We find echoes of these traditions in several church Fathers. St Gregory of Tours, who died in 594, is the first Western Father to write about the assumption. He hands down information he received from an apocryphal Greek text, which he knew in a fifth-century Latin translation.

He describes how the apostles were with Our Lady when Our Lord came with his angels and took her soul, handing it over to the Archangel Michael. At dawn, the apostles lifted her body onto a pallet, laid it in a tomb, and kept watch over it until Our Lord came and ordered it to be carried up to heaven.

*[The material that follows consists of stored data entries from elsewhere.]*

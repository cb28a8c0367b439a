-- ===== src/Informers/Collector.antt =====
-- internal/informers/collector.go: the handlers of the informers. An error of the store is logged and
-- dropped there; the handlers below return it with the rest.
pub mod Resync
use cluster_recorder.Prelude.{
  ℕ, String, Bool, true, false, not, Option, none, some, List, [], ◌∷◌, length, ◌==◌, if◌then◌else◌,
}
use cluster_recorder.Diff.{Change, snapshots}
use cluster_recorder.Sample.{Time, Snapshot, fields_equal, source_api}
use cluster_recorder.Store.Tables.{PodTransition, transition_phase}
use cluster_recorder.Store.Db.{Db, Result, ok, err, Action, pure, ◌>>=◌, ◌>>◌}
use cluster_recorder.Store.Events.{put_event}
use cluster_recorder.Store.Pods.{put_pod_transitions, upsert_pod, forget_pod, pod_key}
use cluster_recorder.Store.Snapshots.{latest_snapshot, put_snapshot}
use cluster_recorder.Store.Changes.{put_changes}
use cluster_recorder.Informers.{ApiEvent, Pod, Node}
use cluster_recorder.Informers.Events.{event_record}
use cluster_recorder.Informers.Pods.{pod_transitions, pod_state_of}
use cluster_recorder.Informers.Nodes.{node_snapshot}

-- `if err := ...; err != nil { log }`: the handler goes on.
unfoldable pub logged : {A : Type 0} → Action A → Action (Unit {0})
logged m db = (ok tt, (m db).1)

-- onEvent
unfoldable pub on_event : (String → String → String) → ApiEvent → Action (Unit {0})
on_event node_of_pod ev = logged (put_event (event_record ev node_of_pod))

unfoldable pub record_transitions : Option Pod → Pod → Time → Action (Unit {0})
record_transitions none new_pod now = pure tt
record_transitions (some old_pod) new_pod now =
    if length (pod_transitions old_pod new_pod now) == 0
    then pure tt
    else logged (put_pod_transitions (pod_transitions old_pod new_pod now))

-- onPod; an added pod has no old version.
unfoldable pub on_pod : Option Pod → Pod → Time → Action (Unit {0})
unfolding record_transitions
on_pod old_pod new_pod now = do
  record_transitions old_pod new_pod now
  logged (upsert_pod (pod_state_of new_pod) now)

abbrev pub deleted : Pod → Time → PodTransition
deleted p now = record {
  id = 0;
  time = now;
  namespace = p.namespace;
  name = p.name;
  node = p.node_name;
  kind = transition_phase;
  old = p.phase;
  new = "Deleted";
  detail = "";
}

-- onPodDelete
unfoldable pub on_pod_delete : Pod → Time → Action (Unit {0})
on_pod_delete p now = do
  logged (put_pod_transitions (deleted p now ∷ []))
  logged (forget_pod (pod_key p.namespace p.name))

-- `prev != nil && sample.FieldsEqual(prev.Fields, snap.Fields)`
unfoldable pub is_unchanged : Option Snapshot → Snapshot → Bool
is_unchanged none snap = false
is_unchanged (some prev) snap = fields_equal prev.fields snap.fields

-- RecordNode
unfoldable pub record_node : Node → Time → Action (Unit {0})
unfolding is_unchanged
record_node n now = do
  prev ← latest_snapshot n.name source_api
  if is_unchanged prev (node_snapshot n now)
      then pure tt
      else do snap ← put_snapshot (node_snapshot n now); put_changes (snapshots prev (some snap))

-- onNode
unfoldable pub on_node : Node → Time → Action (Unit {0})
on_node n now = logged (record_node n now)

St John Damascene, who died in Jerusalem in the middle of the eighth century, writes in a similar vein. He says Mary died in the Upper Room, after which the apostles prepared her body for burial and carried it on their shoulders in procession from Mount Zion to the Garden of Gethsemane, accompanied by the angels and the whole church.

Today there are two churches in Jerusalem which commemorate these events. The Basilica of the Dormition of Mary, where Our Lady is believed to have died, is located next to the Cenacle on Mount Zion, a hill on the southwest edge of Jerusalem, just outside the walls of the old city. In the second half of the fourth century, a basilica was built there called Holy Zion, and it was considered to be the mother of all churches. It included the Cenacle, or Upper Room, and also the place of the “transit of Our Lady.”

The basilica was destroyed and rebuilt several times in the following centuries, until only the Cenacle itself remained standing, where it is today. The present Basilica of the Dormition was built next to the Cenacle, starting in 1910, by the German Emperor Wilhelm II, who also built a Benedictine abbey alongside it.

The basilica is round in shape and has on its upper floor the main church, crowned by a great dome adorned with beautiful mosaics. The sanctuary is in an apse with a half dome above it, and has a mosaic of the Virgin holding the Child Jesus. On the lower floor is a crypt with a statue of the Blessed Virgin, lying as though asleep, beneath a cupola supported by pillars.

The other church, where Our Lady’s body was believed to have been laid before it was assumed into heaven, is the Basilica of the Tomb of Mary, just to the north of the Garden of Gethsemane, across the Kidron Valley from Jerusalem. It is about a 25-minute walk from the Cenacle. It is called the Church of the Assumption by the Greek Orthodox and other Orthodox churches who have certain rights over it.

The tomb in the basilica is two long flights of stairs below the present street level, owing to the fact that the Kidron riverbed has risen substantially over the centuries and also because the building today was probably the crypt of the earlier basilica, built in the fourth or fifth century. Archaeological excavations in the 1970s revealed that the tomb where Our Lady’s body was laid was part of a first-century burial site. The central focus of the basilica is a small chapel over the place where, according to the tradition, Our Lady’s tomb was carved out of the rock.